Et pourtant, notre dimension réceptive est disponible à chaque instant, il s'agit de nous y connecter, d'aspirer à faire ce retour vers l'intérieur de soi porteur de sens perceptifs à notre disposition si notre libre-arbitre le décide. Le petit enfant tout ingénu nous en donne un merveilleux exemple quand il contemple quelque chose ou quand il "sourit aux anges". Il sait s'émerveiller devant un cadeau - et même déjà son emballage - qu'il reçoit.

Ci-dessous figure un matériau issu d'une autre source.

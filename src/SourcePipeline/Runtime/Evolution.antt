-- ===== src/SourcePipeline/Runtime/Evolution.antt =====
-- How a candidate's row may change: a job id that is set stays, and what a handoff has done stays
-- done; where the row came from never changes.
use hll.Prelude.{
  ℕ, String, ◌≡◌, refl, true, Option, none, some, List, arith, ◌==◌, Bool-cases, inl, inr,
}
use hll.Exec.{◌>>=◌}
use hll.Exec.Steps.{IsPreorder}
use hll.SourcePipeline.Model.{
  CardCandidate, create_jobs, handoff, Services, State, get_row, update_row, candidate_at,
}
use hll.SourcePipeline.Model.Rows.{get_row-update_row, get_row-append}
use hll.SourcePipeline.Webhook.Marking.{mark_processed_keeps, mark_failed_keeps}
use hll.SourcePipeline.Runtime.Jobs.{write_unit, write_candidate, ask_result}
use hll.SourcePipeline.Runtime.Jobs.Closed.{Closed}
use hll.SourcePipeline.Runtime.Jobs.Submitting.{
  noting, submit_review_then, submit_repair_then, handoff_then, create_alone,
}
use hll.SourcePipeline.Runtime.Tick.{Settings, tick}
use hll.SourcePipeline.Runtime.Tick.Closure.{tick_step}

abbrev pub Stays : Option ℕ → Option ℕ → Type 0
Stays o o' = (j : ℕ) → o ≡ some j → o' ≡ some j

pub record Evolves (c d : CardCandidate) : Type 0 where
  pub unit : d.workflow_unit_id ≡ c.workflow_unit_id
  pub parent : d.parent_candidate_id ≡ c.parent_candidate_id
  pub card : d.card_payload ≡ c.card_payload
  pub step : d.origin_step ≡ c.origin_step
  pub origin_job : d.origin_job_id ≡ c.origin_job_id
  pub ordinal : d.origin_ordinal ≡ c.origin_ordinal
  pub review : Stays c.review_job_id d.review_job_id
  pub repair : Stays c.repair_job_id d.repair_job_id
  pub handed_off : c.ingestion_handoff_done ≡ true → d.ingestion_handoff_done ≡ true

Evolves-refl : (c : CardCandidate) → Evolves c c
Evolves-refl c = record {
  unit = refl;
  parent = refl;
  card = refl;
  step = refl;
  origin_job = refl;
  ordinal = refl;
  review = λ j h. h;
  repair = λ j h. h;
  handed_off = λ h. h;
}

Evolves-trans : {b c d : CardCandidate} → Evolves b c → Evolves c d → Evolves b d
Evolves-trans p q = record {
  unit = cc (p.unit, q.unit);
  parent = cc (p.parent, q.parent);
  card = cc (p.card, q.card);
  step = cc (p.step, q.step);
  origin_job = cc (p.origin_job, q.origin_job);
  ordinal = cc (p.ordinal, q.ordinal);
  review = λ j h. q.review j (p.review j h);
  repair = λ j h. q.repair j (p.repair j h);
  handed_off = λ h. q.handed_off (p.handed_off h);
}

module _ (c : CardCandidate) where
  reviewed : (j : ℕ) → c.review_job_id ≡ none → Evolves c (record c { review_job_id = some j })
  reviewed j empty = ground arith

  repaired : (j : ℕ) → c.repair_job_id ≡ none → Evolves c (record c { repair_job_id = some j })
  repaired j empty = ground arith

  done : Evolves c (record c { ingestion_handoff_done = true })
  done = ground arith

  review_ended : (state : Option String) → Evolves c (record c { review_terminal_state = state })
  review_ended state = ground arith

  repair_ended : (state : Option String) → Evolves c (record c { repair_terminal_state = state })
  repair_ended state = ground arith

rewritten :
    (id j : ℕ) (f : CardCandidate → CardCandidate) (rows : List CardCandidate) (c : CardCandidate)
    → ((r : CardCandidate) → (f r).id ≡ r.id)
    → ((r : CardCandidate) → get_row (λ r. r.id) id rows ≡ some r → Evolves r (f r))
    → get_row (λ r. r.id) j rows ≡ some c
    → (d : CardCandidate) × (get_row (λ r. r.id) j (update_row (λ r. r.id) id f rows) ≡ some d)
      × Evolves c d
rewritten id j f rows c same better found = elim (Bool-cases (id == j)) [
  | inl e ↦ (
    f c,
    rw (get_row-update_row (λ (r : CardCandidate). r.id) id j f rows same, e, found) refl,
    better c (ground arith),
  )
  | inr e ↦ (
    c,
    rw (get_row-update_row (λ (r : CardCandidate). r.id) id j f rows same, e) found,
    Evolves-refl c,
  )
]

module _ {Payload : Type 0} where
  -- Every candidate of `s` is in `t`, evolved.
  pub record AllEvolve (s t : State Payload) : Type 0 where
    pub at :
        (id : ℕ) (c : CardCandidate)
        → candidate_at id s ≡ some c
        → (d : CardCandidate) × (candidate_at id t ≡ some d) × Evolves c d

  quiet : (s t : State Payload) → t.candidates ≡ s.candidates → AllEvolve s t
  quiet s t same = record { at = λ id c found. (c, rw same found, Evolves-refl c) }

  AllEvolve-order : IsPreorder AllEvolve
  AllEvolve-order = record {
    reflexive = λ s. quiet s s refl;
    transitive = λ s t u p q. record {
      at = λ id c found.
          let (d, at_t, pe) = p.at id c found in
          let (e, at_u, qe) = q.at id d at_t in (e, at_u, Evolves-trans pe qe);
    };
  }

  pub write_better :
      (id : ℕ) (f : CardCandidate → CardCandidate) (s : State Payload)
      → ((r : CardCandidate) → (f r).id ≡ r.id)
      → ((r : CardCandidate) → candidate_at id s ≡ some r → Evolves r (f r))
      → AllEvolve s (write_candidate id f s).1
  unfolding write_candidate
  write_better id f s same better = record {
    at = λ j c found. rewritten id j f s.candidates c same better found;
  }

  quiet_then : (s t u : State Payload) → t.candidates ≡ s.candidates → AllEvolve t u → AllEvolve s u
  quiet_then s t u same p = AllEvolve-order.transitive s t u (quiet s t same) p

  module _ (svc : Services Payload) where
    AllEvolve-closed : Closed svc AllEvolve
    unfolding write_unit ask_result ◌>>=◌
    AllEvolve-closed = record {
      order = AllEvolve-order;
      write_unit_step = λ id f. record { at = λ s. quiet s _ refl };
      create_step = λ item. record { at = λ s. create_alone svc AllEvolve item s (quiet s _ refl) };
      ask_step = λ job_id. record { at = λ s. quiet s _ refl };
      handoff_step = λ id. record {
        at = λ s.
            handoff_then svc AllEvolve id s (quiet s s refl) (λ c _ _. quiet s _ refl)
              (λ c _ _.
                quiet_then s (noting (handoff c.id c.card_payload true) s) _ refl
                  (write_better id _ _ (λ r. refl) (λ r _. done r)));
      };
      review_step = λ id s c found empty.
          submit_review_then svc AllEvolve id s c found (λ call. quiet s _ refl)
            (λ call j. quiet_then s (noting (create_jobs call) s) _ refl (
              write_better id _ _ (λ r. refl)
                (λ r at_id. reviewed r j (cc (found, at_id, empty)))));
      repair_step = λ id review s c found empty.
          submit_repair_then svc AllEvolve id review s c found (λ call. quiet s _ refl)
            (λ call j. quiet_then s (noting (create_jobs call) s) _ refl (
              write_better id _ _ (λ r. refl)
                (λ r at_id. repaired r j (cc (found, at_id, empty)))));
      review_terminal_step = λ id state. record {
        at = λ s. write_better id _ s (λ r. refl) (λ r _. review_ended r state);
      };
      repair_terminal_step = λ id state. record {
        at = λ s. write_better id _ s (λ r. refl) (λ r _. repair_ended r state);
      };
      mark_processed_step =
          λ event_id now. record { at = λ s. quiet s _ (mark_processed_keeps event_id now s).0 };
      mark_failed_step =
          λ event_id e now. record { at = λ s. quiet s _ (mark_failed_keeps event_id now s e).0 };
      insert_step = λ s c _. record {
        at = λ id d found. (
          d,
          rw (get_row-append (λ (r : CardCandidate). r.id) id s.candidates c, found) refl,
          Evolves-refl d,
        );
      };
      commit_step = λ s. quiet s _ refl;
      clock_step = λ s now. quiet s _ refl;
    }

    -- A tick, whether it returns or raises, only lets candidates evolve.
    pub tick-AllEvolve :
        (settings : Settings) (now : ℕ) (s : State Payload)
        → AllEvolve s (tick svc settings now s).1
    tick-AllEvolve settings now s = (tick_step AllEvolve-closed settings now).at s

Ce attitude intérieure spontanée est ensuite modifiée par les incitations des éducateurs qui transmettent forcément ce qu'ils ont acquis : "Cesse de traîner, dépêche-toi!", "fais donc quelque chose" , "Il faut y aller", "tu feras ça plus tard" et ainsi, peut à peu, l'enfant fabriquera des programmes réflexes. Certains pédagogues savent respecter cette dimension réceptive; ceux qui enseignent la musique par exemple peuvent le faire d'une façon plutôt émissive : "c'est faux, recommence" ou alors inviter l'enfant à mieux écouter les sons et découvrir comment il les crée.  Les promenades aussi sont des possibilités de développer la réceptivité à tout ce qui nous entoure, ou alors, avoir le souci du  nombre de pas à faire comme nous l'indique l'application d'un smartphone. C'est le cas par exemple d'un opéré du coeur qui doit effectuer une réhabilitation : elle peut effectivement se faire mécaniquement par une activité motrice ou alors en étant réceptif à ce qu'il éprouve et qu'il a peut-être oublié de ressentir en conscience pendant des années.

Dans la situation coronavirale que nous traversons, les situations qui illustrent notre propension à utiliser nos facultés émettrices ou réceptrices sont multiples.  Il est frappant de constater comment nos gouvernements ont réagi de façon éminemment émettrice, en édictant des décrets, en imposant des gestes de différentes sortes, en utilisant les forces de l'ordre pour intervenir de diverses manières, toutes mesures qui en arrivent à brimer les forces émettrices naturelles aux humains de percevoir leurs états de santé et de se réaliser dans leurs activités qu'elles soient professionnelles, sociales ou sportives. Cette façon de contenir les gens devient intolérable et attire des réactions débordantes et virulentes. Dans un pays plus démocratique - qui a aussi usé de décrets absolus il est vrai -  les autorités ont su respecter, lors d'un événement réunissant des milliers de manifestants  l'équilibre réceptif - émissif, avec mesure et intelligence : "Les autorités ont indiqué qu'elles avaient tenté de dissuader les manifestants, en arrêtant des voitures se dirigeant vers le centre-ville et en expliquant la nature illégale du rassemblement. Elles ont précisé avoir choisi de ne pas disperser la manifestation de crainte de débordements, estimant qu'«une forte répression n'aurait pas été justifiable en vertu de la loi»". Ainsi donc, la sagesse qui implique l'équilibre a prévalu!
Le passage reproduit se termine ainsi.